Measuring Sound Symbolism in Audio-visual Models
Wei-Cheng Tseng, Yi-Jen Shih, David Harwath, Raymond Mooney

TL;DR
This paper investigates whether pre-trained audio-visual models exhibit sound symbolism, revealing that models trained on speech data can capture sound-meaning associations similar to human language processing.
Contribution
It introduces a specialized dataset and a non-parametric evaluation method to assess sound symbolism in pre-trained audio-visual models, highlighting their ability to reflect human-like sound-meaning connections.
Findings
Models trained on speech data show significant sound symbolism patterns.
A new dataset with synthesized images and audio was developed for evaluation.

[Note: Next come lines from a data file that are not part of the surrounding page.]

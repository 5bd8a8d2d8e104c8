-- ===== src/Fs/Sane.antt =====
-- The counters that `fatreadinfosector` takes from the information sector.
use libllfat.Prelude.{
  ◌≡◌, ◌⊎◌, refl, sym, ap, subst, ◌∙◌, arith, Bool, true, false, ◌||◌, if◌then◌else◌, some,
  Bool-cases, inl, inr,
}
use libllfat.Prelude.Int.{ℤ, pos, minus_one, ltb_ℤ}
use libllfat.Units.Host.{Host}
use libllfat.Boot.Size
use libllfat.Fs.State.{Fat, ◌>>=◌}
use libllfat.Fs.Geometry.{num_data_clusters}
use libllfat.Fs.Setters.{is_valid_cluster, get_last_allocated_cluster, get_free_clusters}
use libllfat.Fs.Session.{take_counters}
use libllfat.Fs.Saved.{with_bits_lem}

module _ {h : Host} where
  -- Whatever the information sector says, of a filesystem with known bits and a number of clusters,
  -- the last allocated cluster that is taken from it is a cluster, or 2, and the number of free
  -- clusters is -1, or neither negative nor more than there are clusters.
  pub take_counters-IsSane :
      (f : Fat h) (clusters : ℤ) (valid : Bool)
      → Size.is_valid_cluster f.boot (get_last_allocated_cluster f) (some f.bits)
        ≡ some (valid, some f.bits)
      → Size.num_data_clusters f.boot (some f.bits) ≡ some (clusters, some f.bits)
      → (f' : Fat h) × (take_counters f ≡ some (pos 0, f'))
        × ((f'.last ≡ pos 2) ⊎ (is_valid_cluster f'.last f' ≡ some (true, f')))
        × ((f'.free ≡ minus_one)
            ⊎ ((ltb_ℤ f'.free (pos 0) ≡ false) × (ltb_ℤ clusters f'.free ≡ false)))
  unfolding take_counters is_valid_cluster num_data_clusters
  take_counters-IsSane f clusters valid runs count =
      let last = get_last_allocated_cluster f in
      let free = get_free_clusters f in
      let bad = ltb_ℤ free (pos 0) || ltb_ℤ clusters free in
      let f' : Fat h = record f {
        last = if valid then last else pos 2;
        free = if bad then minus_one else free;
      } in
      (
        f',
        rw
            (
              with_bits_lem (λ boot. Size.is_valid_cluster boot last) valid f runs,
              ◌>>=◌,
              with_bits_lem Size.num_data_clusters clusters f count,
              ◌>>=◌,
            )
            refl,
        elim (Bool-cases valid) [
          | inr v ↦ inl (rw v refl)
          | inl v ↦
              let taken : f'.last ≡ last = rw v refl in
              let run : Size.is_valid_cluster f'.boot f'.last (some f'.bits)
                  ≡ some (true, some f'.bits) =
                subst
                  (λ (n : ℤ).
                    Size.is_valid_cluster f.boot n (some f.bits) ≡ some (true, some f.bits))
                  (sym taken) (runs ∙ ap (λ (b : Bool). some (b, some f.bits)) v) in
              inr (with_bits_lem (λ boot. Size.is_valid_cluster boot f'.last) true f' run)
        ],
        elim (Bool-cases bad) [
          | inl b ↦ inl (rw b refl)
          | inr b ↦ inr (ground arith, ground arith)
        ],
      )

Pre-trained models can capture non-arbitrary sound-meaning associations.
Abstract
Audio-visual pre-trained models have gained substantial attention recently and demonstrated superior performance on various audio-visual tasks. This study investigates whether pre-trained audio-visual models demonstrate non-arbitrary associations between sounds and visual representationsknown as sound symbolismwhich is also observed in humans. We developed a specialized dataset with synthesized images and audio samples and assessed these models using a non-parametric approach in a zero-shot setting. Our findings reveal a significant correlation between the models' outputs and established patterns of sound symbolism, particularly in models trained on speech data. These results suggest that such models can capture sound-meaning connections akin to human language processing, providing insights into both cognitive architectures and machine learning…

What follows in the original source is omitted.